SUPPLIED MATERIAL:
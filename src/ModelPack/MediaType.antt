-- ===== src/ModelPack/MediaType.antt =====
-- The media types of layers: images/controller/internal/adapters/modelpack/oci/layer_media_type.go with
-- the constants of ports/modelpack. A base, a format and a compression are texts, as in the source.
-- MediaType/Pattern has the regular expression.
pub mod Pattern
pub mod RoundTrip
pub mod Exact
use Prim.Native.String
use ai_models.Prelude.{
  ◌≡◌, String, Bool, true, false, not, ◌&&◌, ◌||◌, Option, none, some, if◌then◌else◌,
}
use ai_models.Prelude.Text.{is_empty, trim_space, str_eq}
use ai_models.Publication.Handle.{Result, ok, err}
use ai_models.ModelPack.Results.{◌>>=◌}
use ai_models.ModelPack.MediaType.Pattern.{find_string_submatch}

abbrev pub is_layer_base : String → Bool
is_layer_base base =
    str_eq base "weight"
    || str_eq base "weight.config"
    || str_eq base "dataset"
    || str_eq base "code"
    || str_eq base "doc"

abbrev pub is_layer_format : String → Bool
is_layer_format format = str_eq format "tar" || str_eq format "raw"

abbrev pub is_wire_compression : String → Bool
is_wire_compression compression =
    str_eq compression "none" || str_eq compression "gzip" || str_eq compression "zstd"

unfoldable pub parse_layer_base : String → Result String
parse_layer_base value =
    if is_layer_base (trim_space value)
    then ok (trim_space value)
    else err "unsupported ModelPack layer base type"

unfoldable pub parse_layer_format : String → Result String
parse_layer_format value =
    if is_layer_format (trim_space value)
    then ok (trim_space value)
    else err "unsupported ModelPack layer format"

unfoldable pub parse_wire_compression : String → Result String
parse_wire_compression value =
    if is_empty (trim_space value)
    then ok "none"
    else if is_wire_compression (trim_space value)
    then ok (trim_space value)
    else err "unsupported ModelPack layer compression"

-- `validatePublishLayerCompression`, which does not trim.
abbrev pub is_publish_compression : String → Bool
is_publish_compression compression =
    is_empty compression || is_wire_compression compression || str_eq compression "gzip-fastest"

pub record ParsedLayerMediaType : Type 0 where
  pub base : String
  pub format : String
  pub compression : String

-- The end of `parseLayerMediaType`.
abbrev pub parsed : String → String → String → Result ParsedLayerMediaType
parsed base format compression =
    if str_eq format "raw" && not (str_eq compression "none")
    then err "raw ModelPack layer mediaType must not declare compression"
    else ok record { base = base; format = format; compression = compression }

abbrev pub parse_groups : Option (String × String × String) → Result ParsedLayerMediaType
parse_groups none = err "unsupported ModelPack layer mediaType"
parse_groups (some (b, f, c)) = parse_layer_base b >>= λ base. parse_layer_format f >>= λ format.
    parse_wire_compression c >>= λ compression. parsed base format compression

unfoldable pub parse_layer_media_type : String → Result ParsedLayerMediaType
unfolding find_string_submatch
parse_layer_media_type value = parse_groups (find_string_submatch (trim_space value))

-- What `Sprintf` makes of a base and the end of a media type.
abbrev pub media_type_text : String → String → String
media_type_text base end =
    String.◌++◌ "application/vnd.cncf.model." (String.◌++◌ base (String.◌++◌ ".v1." end))

-- The end of the media type, by the compression of a "tar" layer.
unfoldable pub tar_end : String → Result String
tar_end compression =
    if is_empty compression || str_eq compression "none"
    then ok "tar"
    else if str_eq compression "gzip" || str_eq compression "gzip-fastest"
    then ok "tar+gzip"
    else if str_eq compression "zstd"
    then ok "tar+zstd"
    else err "unsupported ModelPack layer compression"

unfoldable pub layer_end : String → String → Result String
unfolding tar_end
layer_end format compression =
    if str_eq format "raw"
    then if is_empty compression || str_eq compression "none"
      then ok "raw"
      else err "raw ModelPack layer must not declare compression"
    else tar_end compression

abbrev pub with_base : String → Result String → Result String
with_base base (ok end) = ok (media_type_text base end)
with_base base (err e) = err e

unfoldable pub build_layer_media_type : String → String → String → Result String
unfolding layer_end
build_layer_media_type base format compression = parse_layer_base base >>= λ b.
    parse_layer_format format >>= λ f.
    if not (is_publish_compression compression)
    then err "unsupported ModelPack layer compression"
    else with_base base (layer_end format compression)
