-- ===== src/ModelPack/Layers.antt =====
-- The layers of a manifest: `classifyManifestLayers` and what it calls of
-- images/controller/internal/adapters/modelpack/oci/chunk_layout.go, and `decodeLegacyManifestLayer` of
-- materialize_layers.go. A layer is the fields that are read of it, texts that are missing as "" and the
-- size by `parseSize`; a layer that is no object is `none`.
pub mod Chunked
use ai_models.Prelude.{
  ℕ, suc, ◌+◌, ◌≡◌, ◌≢◌, String, Bool, true, false, not, ◌&&◌, ◌||◌, List, [], ◌∷◌, ◌++◌, Option,
  none, some, if◌then◌else◌, is_some, length, leb,
}
use ai_models.Prelude.Text.{is_empty, trim_space, str_eq}
use ai_models.Prelude.Int64.{Int64, le64}
use ai_models.Prelude.Assoc.{lookup, insert, is_nil}
use ai_models.Publication.Handle.{Result, ok, err}
use ai_models.ModelPack.Results.{◌>>=◌}
use ai_models.ModelPack.MediaType.{ParsedLayerMediaType, parse_layer_media_type}

abbrev pub chunk_index_media_type : String
chunk_index_media_type = "application/vnd.deckhouse.ai-models.modelpack.chunk-index.v1+json"

abbrev pub chunk_pack_media_type : String
chunk_pack_media_type = "application/vnd.deckhouse.ai-models.modelpack.chunk-pack.v1"

abbrev pub chunk_pack_zstd_media_type : String
chunk_pack_zstd_media_type = "application/vnd.deckhouse.ai-models.modelpack.chunk-pack.zstd.v1"

pub record ManifestLayer : Type 0 where
  pub media_type : String
  pub digest : String
  pub size : Int64
  pub filepath : String

pub record ChunkLayerDescriptor : Type 0 where
  pub digest : String
  pub size : Int64
  pub media_type : String

pub record LegacyDescriptor : Type 0 where
  pub digest : String
  pub size : Int64
  pub media_type : String
  pub target_path : String
  pub parsed_type : ParsedLayerMediaType

pub record LayerSet : Type 0 where
  pub legacy : List LegacyDescriptor
  pub chunk_index : Option ChunkLayerDescriptor
  pub chunk_packs : List (String × ChunkLayerDescriptor)

unfoldable pub is_chunk_index_media_type : String → Bool
is_chunk_index_media_type value = str_eq (trim_space value) chunk_index_media_type

unfoldable pub is_chunk_pack_media_type : String → Bool
is_chunk_pack_media_type value =
    str_eq (trim_space value) chunk_pack_media_type
    || str_eq (trim_space value) chunk_pack_zstd_media_type

unfoldable pub decode_chunk_layer_descriptor : ManifestLayer → Result ChunkLayerDescriptor
decode_chunk_layer_descriptor l =
    if is_empty (trim_space l.digest)
    then err "registry manifest layer is missing digest"
    else if le64 l.size 0
    then err "registry manifest layer size must be positive"
    else ok
        record { digest = trim_space l.digest; size = l.size; media_type = trim_space l.media_type }

-- By the answer to the layer's media type.
unfoldable pub legacy_layer : ManifestLayer → Result ParsedLayerMediaType → Result LegacyDescriptor
legacy_layer l (err e) = err e
legacy_layer l (ok parsed) =
    if is_empty (trim_space l.filepath)
    then err "registry manifest layer is missing annotation"
    else if is_empty (trim_space l.digest)
    then err "registry manifest layer is missing digest"
    else ok record {
      digest = trim_space l.digest;
      size = l.size;
      media_type = trim_space l.media_type;
      target_path = trim_space l.filepath;
      parsed_type = parsed;
    }

unfoldable pub decode_legacy_manifest_layer : ManifestLayer → Result LegacyDescriptor
unfolding legacy_layer
decode_legacy_manifest_layer l = legacy_layer l (parse_layer_media_type (trim_space l.media_type))

abbrev pub add_index : LayerSet → Result ChunkLayerDescriptor → Result LayerSet
add_index set (err e) = err e
add_index set (ok d) = ok record set { chunk_index = some d }

abbrev pub add_pack : LayerSet → Result ChunkLayerDescriptor → Result LayerSet
add_pack set (err e) = err e
add_pack set (ok d) =
    if is_some (lookup d.digest set.chunk_packs)
    then err "registry manifest contains duplicate chunk pack digest"
    else ok record set { chunk_packs = insert d.digest d set.chunk_packs }

abbrev pub add_legacy : LayerSet → Result LegacyDescriptor → Result LayerSet
add_legacy set (err e) = err e
add_legacy set (ok d) = ok record set { legacy = set.legacy ++ d ∷ [] }

-- One round of the loop.
unfoldable pub classify_layer : LayerSet → ManifestLayer → Result LayerSet
unfolding decode_chunk_layer_descriptor decode_legacy_manifest_layer
classify_layer set l =
    if is_chunk_index_media_type (trim_space l.media_type)
    then if is_some set.chunk_index
      then err "registry manifest must contain at most one chunk index layer"
      else add_index set (decode_chunk_layer_descriptor l)
    else if is_chunk_pack_media_type (trim_space l.media_type)
    then add_pack set (decode_chunk_layer_descriptor l)
    else add_legacy set (decode_legacy_manifest_layer l)

unfoldable pub classify_layers : LayerSet → List (Option ManifestLayer) → Result LayerSet
unfolding classify_layer
classify_layers set [] = ok set
classify_layers set (none ∷ layers) = err "registry manifest layer is invalid"
classify_layers set (some l ∷ layers) = classify_layer set l >>= λ next. classify_layers next layers

abbrev pub no_layers : LayerSet
no_layers = record { legacy = []; chunk_index = none; chunk_packs = [] }

abbrev pub check_layers : LayerSet → Result LayerSet
check_layers set =
    if not (is_some set.chunk_index) && not (is_nil set.chunk_packs)
    then err "registry manifest chunk pack layers require a chunk index layer"
    else if is_some set.chunk_index && is_nil set.chunk_packs
    then err "registry manifest chunk index requires at least one chunk pack layer"
    else ok set

unfoldable pub classify_manifest_layers : List (Option ManifestLayer) → Result LayerSet
unfolding classify_layers
classify_manifest_layers layers = classify_layers no_layers layers >>= check_layers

YOUR INSTRUCTIONS:
Please copy exactly, and only, the lines running from the one containing "else if is_chunk_pack_media_type" through the end of the listing.

ANSWER SPACE:
    else if is_chunk_pack_media_type (trim_space l.media_type)
    then add_pack set (decode_chunk_layer_descriptor l)
    else add_legacy set (decode_legacy_manifest_layer l)

unfoldable pub classify_layers : LayerSet → List (Option ManifestLayer) → Result LayerSet
unfolding classify_layer
classify_layers set [] = ok set
classify_layers set (none ∷ layers) = err "registry manifest layer is invalid"
classify_layers set (some l ∷ layers) = classify_layer set l >>= λ next. classify_layers next layers

abbrev pub no_layers : LayerSet
no_layers = record { legacy = []; chunk_index = none; chunk_packs = [] }

abbrev pub check_layers : LayerSet → Result LayerSet
check_layers set =
    if not (is_some set.chunk_index) && not (is_nil set.chunk_packs)
    then err "registry manifest chunk pack layers require a chunk index layer"
    else if is_some set.chunk_index && is_nil set.chunk_packs
    then err "registry manifest chunk index requires at least one chunk pack layer"
    else ok set

unfoldable pub classify_manifest_layers : List (Option ManifestLayer) → Result LayerSet
unfolding classify_layers
classify_manifest_layers layers = classify_layers no_layers layers >>= check_layers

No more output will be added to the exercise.